UM Palopo Hadirkan Praktisi Industri, Perkuat Wawasan Mahasiswa Teknik Pertambangan

WARTAPTM.ID, PALOPO — Program Studi Teknik Pertambangan Universitas Muhammadiyah Palopo (UM Palopo) terus memperkuat kualitas pembelajaran melalui kolaborasi dengan dunia industri. Salah satunya diwujudkan melalui kuliah tamu bertajuk “Pengetahuan Dasar Filsafat Rekayasa dan Operasi Pertambangan” yang digelar pada Senin (6/7/2026).

Kegiatan yang diselenggarakan oleh Himpunan Mahasiswa Program Studi (HMPS) Teknik Pertambangan ini menghadirkan praktisi industri, Awan Hidayat, Manager Engineering PT Pusaka Tanah Persada, sebagai narasumber utama.

Dalam pemaparannya, Awan Hidayat menekankan pentingnya pola pikir rekayasa (engineering mindset) dalam dunia pertambangan. Menurutnya, seorang insinyur tidak hanya dituntut menguasai teknologi, tetapi juga memiliki kemampuan analisis, integritas, serta komitmen terhadap keselamatan kerja.

“Setiap keputusan teknis dalam pertambangan memiliki dampak terhadap keselamatan, produktivitas, lingkungan, dan keberlanjutan operasi. Karena itu, seorang insinyur harus mampu berpikir sistematis dan mengambil keputusan secara bertanggung jawab,” ujarnya.

UM Palopo Hadirkan Praktisi Industri, Perkuat Wawasan Mahasiswa Teknik Pertambangan

Kuliah tamu berlangsung interaktif dengan antusiasme mahasiswa yang tinggi. Selain mendapatkan pemahaman konseptual, mahasiswa juga berdialog langsung mengenai tantangan dunia kerja, perkembangan teknologi pertambangan, serta kompetensi yang dibutuhkan industri saat ini.

Kegiatan ini turut dihadiri pimpinan fakultas, di antaranya Ketua Program Studi Teknik Pertambangan UM Palopo, Ahmad Fithry A. Lopa, Dekan Fakultas Sains dan Teknologi, Muh. Zaenal, serta Wakil Dekan I Fakultas Sains dan Teknologi, Sahrir.

Ketua Program Studi Teknik Pertambangan UM Palopo, Ahmad Fithry A. Lopa, menyampaikan bahwa kolaborasi dengan industri menjadi strategi penting dalam menyiapkan lulusan yang siap kerja.

“Kami ingin mahasiswa tidak hanya memahami teori, tetapi juga memiliki wawasan praktis dan jejaring profesional. Karena itu, kami terus menghadirkan praktisi industri dalam proses pembelajaran,” ujarnya.

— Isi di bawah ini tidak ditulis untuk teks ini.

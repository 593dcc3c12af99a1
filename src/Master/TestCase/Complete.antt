-- ===== src/Master/TestCase/Complete.antt =====
-- The collector of test-case.cpp: a report finds its row, and makes it ready only when every client
-- that is still running has reported for it.
use file_transfer_cmd.Prelude.{
  Bool, Bool-cases, List, [], ap, arith, false, get_elem?, get_or, if◌then◌else◌, inl, inr, length,
  length-set, ltb, refl, set, some, subst, true, ℕ, ◌&&◌, ◌+◌, ◌-◌, ◌<◌, ◌==◌, ◌^◌, ◌∙◌, ◌∷◌, ◌≡◌,
  ◌≤◌, ◌⊎◌,
}
use file_transfer_cmd.Master.{RateCollector, RateInfo, RateQueueElem, extend_queue}
use file_transfer_cmd.Master.Order.{extend_queue-IsOrdered}
use file_transfer_cmd.Master.Rows.{IsOrdered, Rows, Rows-get, Rows-set}
use file_transfer_cmd.Master.TestCase.{
  collect_test_rate, every_ready, fill_test_at, fill_test_row, put_test_report,
}
use file_transfer_cmd.Prelude.Words.{sub32}
use file_transfer_cmd.Stream.Receive.Request.{missing}
use file_transfer_cmd.Stream.Send.{start}

abbrev pub HasReported : {D : Type 0} → (D → Bool) → RateInfo D → Type 0
HasReported negative r = (r.seq_num == 0 && negative r.rate) ≡ false

-- From client `i` on, each has finished or reported.
abbrev pub AllIn : {D : Type 0} → (D → Bool) → ℕ → List Bool → List (RateInfo D) → Type 0
AllIn negative i ended [] = Unit {0}
AllIn negative i ended (r ∷ rs) =
    ((get_or ended i false ≡ true) ⊎ HasReported negative r) × AllIn negative (i + 1) ended rs

-- The row after a report: complete, or as ready as it was.
abbrev pub ReadyWhenIn :
    {D : Type 0} → (D → Bool) → List Bool → RateQueueElem D → RateQueueElem D → Type 0
ReadyWhenIn negative ended before after =
    AllIn negative 0 ended after.rates ⊎ (after.ready ≡ before.ready)

module _ {D : Type 0} (unset : D) (negative : D → Bool) (n : ℕ) where
  every_ready-AllIn :
      (i : ℕ) (ended : List Bool) (rs : List (RateInfo D))
      → every_ready negative i ended rs ≡ true
      → AllIn negative i ended rs
  unfolding every_ready
  every_ready-AllIn i ended [] h = tt
  every_ready-AllIn i ended (r ∷ rs) h = elim (Bool-cases (get_or ended i false)) [
    | inl over ↦ (inl over, every_ready-AllIn (i + 1) ended rs (ground (arith, h, over)))
    | inr runs ↦ elim (Bool-cases (r.seq_num == 0 && negative r.rate)) [
      | inl missing ↦ ground (arith, h, runs, missing)
      | inr there ↦ (inr there, every_ready-AllIn (i + 1) ended rs (ground (arith, h, runs, there)))
    ]
  ]

  fill_test_row-ReadyWhenIn :
      (idx : ℕ) (info : RateInfo D) (ended : List Bool) (e : RateQueueElem D)
      → ReadyWhenIn negative ended e (fill_test_row negative idx info ended e)
  unfolding fill_test_row
  fill_test_row-ReadyWhenIn idx info ended e =
      elim (Bool-cases (every_ready negative 0 ended (set e.rates idx info))) [
        | inl all ↦ inl (every_ready-AllIn 0 ended (set e.rates idx info) all)
        | inr some_out ↦ inr (rw some_out refl)
      ]

  fill_test_row-same :
      (idx : ℕ) (info : RateInfo D) (ended : List Bool) (e : RateQueueElem D)
      → ((fill_test_row negative idx info ended e).seq_num ≡ e.seq_num)
        × (length (fill_test_row negative idx info ended e).rates ≡ length e.rates)
        × ((fill_test_row negative idx info ended e).rates ≡ set e.rates idx info)
  unfolding fill_test_row
  fill_test_row-same idx info ended e = (refl, length-set e.rates idx info, refl)

  -- What a report of client `idx` leads to: the rows are in order, and only row `k` has changed, by
  -- the report; it is ready then if it was, or if it is complete.
  pub record Filled (base idx k : ℕ) (info : RateInfo D) (c c' : RateCollector D) : Type 0 where
    pub ordered : IsOrdered n base c'
    pub before : RateQueueElem D
    pub after : RateQueueElem D
    pub found : get_elem? c.rate_queue k ≡ some before
    pub queue : c'.rate_queue ≡ set c.rate_queue k after
    pub rates : after.rates ≡ set before.rates idx info
    pub ready : ReadyWhenIn negative c.finished_arr before after

  fill_test_at-Filled :
      (idx base k : ℕ) (info : RateInfo D) (c : RateCollector D)
      → IsOrdered n base c
      → k < length c.rate_queue
      → (c' : RateCollector D) × (fill_test_at negative idx info k c ≡ some c')
        × Filled base idx k info c c'
  unfolding fill_test_at
  fill_test_at-Filled idx base k info c o h =
      let (row, z, s, l) = Rows-get n base k c.rate_queue o.rows h in
      let (s', l', same) = fill_test_row-same idx info c.finished_arr row in
      let filled : RateQueueElem D = fill_test_row negative idx info c.finished_arr row in
      let ends : Bool = ltb 0 info.seq_num && negative info.rate in
      let c' : RateCollector D = record c {
        rate_queue = set c.rate_queue k filled;
        finished_count = if ends then c.finished_count + 1 else c.finished_count;
        finished_arr = if ends then set c.finished_arr idx true else c.finished_arr;
      } in
      (
        c',
        rw (z, fill_test_at) refl,
        record {
          ordered = record {
            rows = Rows-set n base k c.rate_queue filled o.rows (s' ∙ s) (l' ∙ l);
            wait = omega (arith, o.wait, length-set c.rate_queue k filled);
            clients = o.clients;
          };
          before = row;
          after = filled;
          found = z;
          queue = refl;
          rates = same;
          ready = fill_test_row-ReadyWhenIn idx info c.finished_arr row;
        },
      )

  put_test_report-Filled :
      (idx base moment : ℕ) (info : RateInfo D) (c : RateCollector D) (q : List (RateQueueElem D))
      → c.rate_queue ≡ q
      → IsOrdered n base c
      → base ≤ moment
      → moment < c.wait_seq_num
      → moment < 2 ^ 31
      → 0 < length c.rate_queue
      → (c' : RateCollector D) × (put_test_report negative idx info moment c q ≡ some c')
        × Filled base idx (moment - base) info c c'
  unfolding put_test_report
  put_test_report-Filled idx base moment info c [] e o lo reach hi some_row =
      absurd (omega (arith, some_row, ap length e))
  put_test_report-Filled idx base moment info c (first ∷ rows) e o lo reach hi some_row =
      let (s, l, rest) = subst (Rows n base) e o.rows in
      let place : sub32 moment first.seq_num ≡ moment - base = omega (arith, s) in
      rw place (fill_test_at-Filled idx base (moment - base) info c o (omega (arith, o.wait)))

-- A report for a moment that is not yet published, counted from the start of its client, finds its
-- row: no access is out of range, the rows, as many as the moment needs, stay those of consecutive
-- moments, each with a place for every client, and only the row of the moment changes, by the
-- report. It becomes ready only if every client has finished or has reported for it.
pub collect_test_rate-Filled :
    {D : Type 0} (unset : D) (negative : D → Bool) (n start idx base : ℕ) (info : RateInfo D)
    (c : RateCollector D)
    → IsOrdered n base c
    → base ≤ info.seq_num + start
    → info.seq_num + start < 2 ^ 31
    → let moment = info.seq_num + start in
      (c' : RateCollector D) × (collect_test_rate unset negative start idx info c ≡ some c')
      × Filled unset negative n base idx
          (moment - base)
          info
          (extend_queue unset (moment + 2) moment c)
          c'
unfolding collect_test_rate
collect_test_rate-Filled unset negative n start idx base info c o lo hi =
    let moment : ℕ = info.seq_num + start in
    let (o₁, reach, some_row) =
      extend_queue-IsOrdered unset negative n (moment + 2) moment base c o (omega arith)
        (omega arith) in
    put_test_report-Filled unset negative n idx base moment info
      (extend_queue unset (moment + 2) moment c)
      (extend_queue unset (moment + 2) moment c).rate_queue refl o₁ lo reach hi some_row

Ia menambahkan bahwa kuliah tamu merupakan bagian dari pendekatan pembelajaran komprehensif yang dikembangkan program studi, selain praktikum, kegiatan lapangan, dan seminar profesional.

Melalui pendekatan tersebut, mahasiswa diharapkan memiliki kesiapan lebih baik dalam menghadapi dinamika industri pertambangan yang terus berkembang, sekaligus mampu beradaptasi dengan kemajuan teknologi.

Program Studi Teknik Pertambangan UM Palopo berkomitmen mencetak lulusan yang kompeten, berkarakter, dan berdaya saing tinggi. Dukungan kurikulum yang relevan, tenaga pengajar profesional, serta kemitraan dengan industri menjadi fondasi dalam menyiapkan insinyur masa depan.